Has the FTP fraud offence been committed?

The employee of Company C commits a base offence of fraud by false representation because they dishonestly made a representation about the efficacy of Company C’s products which they knew to be untrue or misleading. By reason of their employment relationship, the employee who perpetrated the fraud can be considered “associated” with Company C. The base fraud was committed with the intent of benefitting Company C as its purpose was to secure sales of Company C’s product in a new market. There is a UK nexus because loss from the fraud is suffered by UK victims (the UK distributors). As a result, Company C will be criminally liable unless it can demonstrate that it had “reasonable” fraud prevention procedures in place.

Case study 2 demonstrates that an overseas company can be criminally liable in the UK for FTP fraud even if the company itself and the fraudulent act took place entirely outside of the UK.

Similarly, the government’s guidance provides the example of an overseas company falsifying product efficiency tests to help a UK company meet thresholds required to receive UK government subsidies. As a result of the fraud, the product qualifies for government subsidies and the UK company benefits. Here the fraud itself occurs overseas, but a gain from the fraud occurs in the UK.

Reasonable procedures

To protect their exposure to liability, companies falling within the scope of the FTP fraud offence must implement reasonable fraud prevention procedures covering the government’s six principles of top-level commitment; risk assessment; proportionate procedures; due diligence; communication; and monitoring and review.

The extent to which overseas companies should implement such procedures is dependent on their connection to the UK, the nature of their business and the specific ways in which fraud risks might arise from that business. Nevertheless, as a general point, any sophisticated global business with a connection to the UK should perform a risk assessment to determine the nature and extent of its exposure to the risk of an associated person committing fraud which could render the company liable under the FTP fraud offence.

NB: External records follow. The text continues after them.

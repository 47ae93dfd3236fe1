-- ===== src/Server/Pairing/Eviction.antt =====
-- internal/server/auth.go, `Pair`: the pairings that are kept when one starts.
use lab_gate.Prelude.{
  ℕ, zero, suc, ◌+◌, ◌-◌, ◌≤◌, leb, ltb, Text, List, [], ◌∷◌, map, Bool, true, false, not, ◌&&◌,
  ◌||◌, ◌==◌, ==_iff, ◌≡◌, refl, sym, ap, subst, ◌∙◌, text_eq, nat_eq, length, any, select, drop,
  count, count-drop, All, if◌then◌else◌, Bool-cases, inl, inr, arith,
}
use lab_gate.Store.{distinct}
use lab_gate.Server.Tables.{Pairing, is_unapproved, remove}
use lab_gate.Server.Pairing.{latest_first, evict}
use lab_gate.Server.Pairing.Bound.{latest_first-count, named}

abbrev pub ids : List Pairing → List Text
ids ps = map (λ p. p.id) ps

abbrev pub is_approved : Pairing → Bool
is_approved p = not (is_unapproved p)

-- The rows that are kept when a pairing starts are rows that have not expired: all that are approved,
-- and of the others as many as leave the new one at most the 1024th.
pub record IsKept (now : ℕ) (ps kept : List Pairing) : Type 0 where
  keep : Pairing → Bool
  chosen : kept ≡ select keep (select (λ q. ltb now q.expires) ps)
  approved : select is_approved kept ≡ select is_approved (select (λ q. ltb now q.expires) ps)
  unapproved :
      let n = count is_unapproved (select (λ q. ltb now q.expires) ps) in
      count is_unapproved kept ≡ (if ltb n 1024 then n else 1023)

any-select :
    (x : Text) (f : Pairing → Bool) (ps : List Pairing)
    → any (λ y. y == x) (ids ps) ≡ false
    → any (λ y. y == x) (ids (select f ps)) ≡ false
any-select x f [] h = refl
any-select x f (p ∷ ps) h = ground (arith, h, any-select x f ps)

distinct-select :
    (f : Pairing → Bool) (ps : List Pairing)
    → distinct (ids ps) ≡ true
    → distinct (ids (select f ps)) ≡ true
unfolding distinct
distinct-select f [] h = refl
distinct-select f (p ∷ ps) h = ground (arith, h, distinct-select f ps, any-select p.id f ps)

-- Of rows with distinct ids one at most has a given id, and as many at most are named by a list as it
-- has items.
count-absent :
    (x : Text) (ps : List Pairing)
    → any (λ y. y == x) (ids ps) ≡ false
    → count (λ p. p.id == x) ps ≡ 0
count-absent x [] h = refl
count-absent x (p ∷ ps) h = ground (arith, h, count-absent x ps)

count-id : (x : Text) (ps : List Pairing) → distinct (ids ps) ≡ true → count (λ p. p.id == x) ps ≤ 1
unfolding distinct
count-id x [] h = omega arith
count-id x (p ∷ ps) h = elim (Bool-cases (p.id == x)) [
  | inl hit ↦
      let other : any (λ y. y == x) (ids ps) ≡ false =
        subst (λ z. any (λ y. y == z) (ids ps) ≡ false) ((==_iff p.id x).0 hit)
          (ground (arith, h)) in
      rw (hit, count-absent x ps other) (omega arith)
  | inr miss ↦ rw miss (count-id x ps (ground (arith, h)))
]

abbrev among : List Pairing → Pairing → Bool
among old p = any (λ q. q.id == p.id) old

count-either :
    (f g : Pairing → Bool) (ps : List Pairing)
    → count (λ p. f p || g p) ps ≤ count f ps + count g ps
count-either f g [] = omega arith
count-either f g (p ∷ ps) = ground (arith, count-either f g ps)

eq_sym : (x y : Text) → (x == y) ≡ (y == x)
eq_sym x y = elim (Bool-cases (x == y)) [
  | inl h ↦ h ∙ sym ((==_iff y x).1 (sym ((==_iff x y).0 h)))
  | inr h ↦ elim (Bool-cases (y == x)) [
    | inl k ↦ absurd (let e = (==_iff x y).1 (sym ((==_iff y x).0 k)) in cc (e, h))
    | inr k ↦ h ∙ sym k
  ]
]

flip : (x : Text) (ps : List Pairing) → count (λ p. x == p.id) ps ≡ count (λ p. p.id == x) ps
flip x [] = refl
flip x (p ∷ ps) = rw (eq_sym x p.id) ground (arith, flip x ps)

count-no : (ps : List Pairing) → count (among []) ps ≡ 0
count-no [] = refl
count-no (p ∷ ps) = count-no ps

count-among : (old ps : List Pairing) → distinct (ids ps) ≡ true → count (among old) ps ≤ length old
count-among [] ps h = omega (arith, count-no ps)
count-among (o ∷ old) ps h = omega (
  arith,
  count-either (λ p. o.id == p.id) (among old) ps,
  flip o.id ps,
  count-id o.id ps h,
  count-among old ps h,
)

count-every :
    (f : Pairing → Bool) (ps : List Pairing) → All (λ p. f p ≡ true) ps → count f ps ≡ length ps
count-every f [] a = refl
count-every f (p ∷ ps) (h, a) = rw h (ap suc (count-every f ps a))

module _ (hit : Pairing → Bool) where
  count-chosen :
      (ps : List Pairing)
      → count hit (select is_unapproved ps) ≡ count (λ p. hit p && is_unapproved p) ps
  count-chosen [] = refl
  count-chosen (p ∷ ps) = ground (arith, count-chosen ps)

  count-both :
      (ps : List Pairing)
      → count hit ps
        ≡ count (λ p. hit p && is_unapproved p) ps + count (λ p. hit p && is_approved p) ps
  count-both [] = refl
  count-both (p ∷ ps) = ground (arith, count-both ps)

  count-left :
      (ps : List Pairing)
      → count is_unapproved (remove hit ps) + count (λ p. hit p && is_unapproved p) ps
        ≡ count is_unapproved ps
  count-left [] = refl
  count-left (p ∷ ps) = ground (arith, count-left ps)

  select-left :
      (ps : List Pairing)
      → count (λ p. hit p && is_approved p) ps ≡ 0
      → select is_approved (remove hit ps) ≡ select is_approved ps
  select-left [] h = refl
  select-left (p ∷ ps) h = ground (arith, h, select-left ps)

length-drop : (n : ℕ) (ps : List Pairing) → length (drop n ps) ≡ length ps - n
length-drop zero ps = omega arith
length-drop (suc n) [] = omega arith
length-drop (suc n) (p ∷ ps) = omega (arith, length-drop n ps)

length-select : (f : Pairing → Bool) (ps : List Pairing) → length (select f ps) ≡ count f ps
length-select f [] = refl
length-select f (p ∷ ps) = ground (arith, length-select f ps)

count-true : (ps : List Pairing) → count (λ p. true) ps ≡ length ps
count-true [] = refl
count-true (p ∷ ps) = ap suc (count-true ps)

abbrev evicted : ℕ → List Pairing → List Pairing
evicted n ps = drop n (latest_first (select is_unapproved ps))

length-evicted : (n : ℕ) (ps : List Pairing) → length (evicted n ps) ≡ count is_unapproved ps - n
length-evicted n ps =
    let us = select is_unapproved ps in
    omega (
      arith,
      length-drop n (latest_first us),
      count-true (latest_first us),
      latest_first-count (λ p. true) us,
      count-true us,
      length-select is_unapproved ps,
    )

evicted_are_hit :
    (n : ℕ) (ps : List Pairing)
    → length (evicted n ps) ≤ count (λ p. among (evicted n ps) p && is_unapproved p) ps
evicted_are_hit n ps =
    let us = select is_unapproved ps in
    let old = evicted n ps in
    omega (
      arith,
      count-every (among old) old (named old),
      count-drop (among old) n (latest_first us),
      count-suffix (among old) n (latest_first us),
      latest_first-count (among old) us,
      count-chosen (among old) ps,
    )
  where
    count-suffix :
        (f : Pairing → Bool) (n : ℕ) (ps : List Pairing) → count f (drop n ps) ≤ count f ps
    count-suffix f zero ps = omega arith
    count-suffix f (suc n) [] = omega arith
    count-suffix f (suc n) (p ∷ ps) = ground (arith, count-suffix f n ps)

pub fresh :
    (now : ℕ) (ps : List Pairing)
    → remove (λ q. leb q.expires now) ps ≡ select (λ q. ltb now q.expires) ps
fresh now [] = refl
fresh now (p ∷ ps) = ground (arith, fresh now ps)

capped :
    (n gone left : ℕ) → gone ≡ n - 1023 → left + gone ≡ n → left ≡ (if ltb n 1024 then n else 1023)
capped n gone left e h = elim (Bool-cases (ltb n 1024)) [
  | inl few ↦ rw few (let below : n ≤ 1023 = ground (arith, few) in omega (arith, e, h, below))
  | inr many ↦ rw many (let above : 1024 ≤ n = ground (arith, many) in omega (arith, e, h, above))
]

pub evict-IsKept :
    (now : ℕ) (ps : List Pairing)
    → distinct (ids ps) ≡ true
    → IsKept now ps (evict 1023 (select (λ q. ltb now q.expires) ps))
unfolding evict
evict-IsKept now ps h =
    let xs : List Pairing = select (λ q. ltb now q.expires) ps in
    let old : List Pairing = evicted 1023 xs in
    let all = count-among old xs (distinct-select (λ q. ltb now q.expires) ps h) in
    let most = evicted_are_hit 1023 xs in
    let both = count-both (among old) xs in
    let none : count (λ p. among old p && is_approved p) xs ≡ 0 = omega (arith, all, most, both) in
    let gone : count (λ p. among old p && is_unapproved p) xs ≡ count is_unapproved xs - 1023 =
      omega (arith, all, most, both, length-evicted 1023 xs) in
    let left = count-left (among old) xs in
    record {
      keep = λ p. not (among old p);
      chosen = refl;
      approved = select-left (among old) xs none;
      unapproved = capped (count is_unapproved xs) _ _ gone left;
    }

Where relevant companies form part of a group, the government’s guidance suggests it may be necessary to implement group wide policies or procedures. If only a limited part of a group is exposed to the UK, then it may only be necessary to focus compliance measures on that part of the business. However, if a group’s UK nexus is broader, then a group wide approach may be more proportionate.

Overseas companies should note that compliance with local audit or other regulatory requirements is unlikely to be sufficient to satisfy the “reasonable” fraud prevention procedures standard. This is especially relevant to overseas companies in regulated sectors.

Horizon scanning

The FTP fraud offence is an enforcement tool, and its effect will be partly dependent on how prosecutors seek to use it. The current director of the UK’s Serious Fraud Office has suggested his enforcement priority is large-scale and complex frauds that involve UK victims. Accordingly, overseas companies should assess their exposure to fraud risk which would cause loss to UK victims and determine whether they need to improve their fraud prevention procedures to mitigate the risk of criminal liability.

We will explore the likely impact of the FTP fraud offence and the potential for future corporate criminal liability reforms in the final instalment of this series of articles, due early in the new year.

[1] Large organisations are defined by relevant legislation as an entity satisfying two of the following three criteria: more than 250 employees; more than £36 million turnover; or more than £18 million total assets.

[2] Sections 1-2 of the Criminal Justice Act 1993.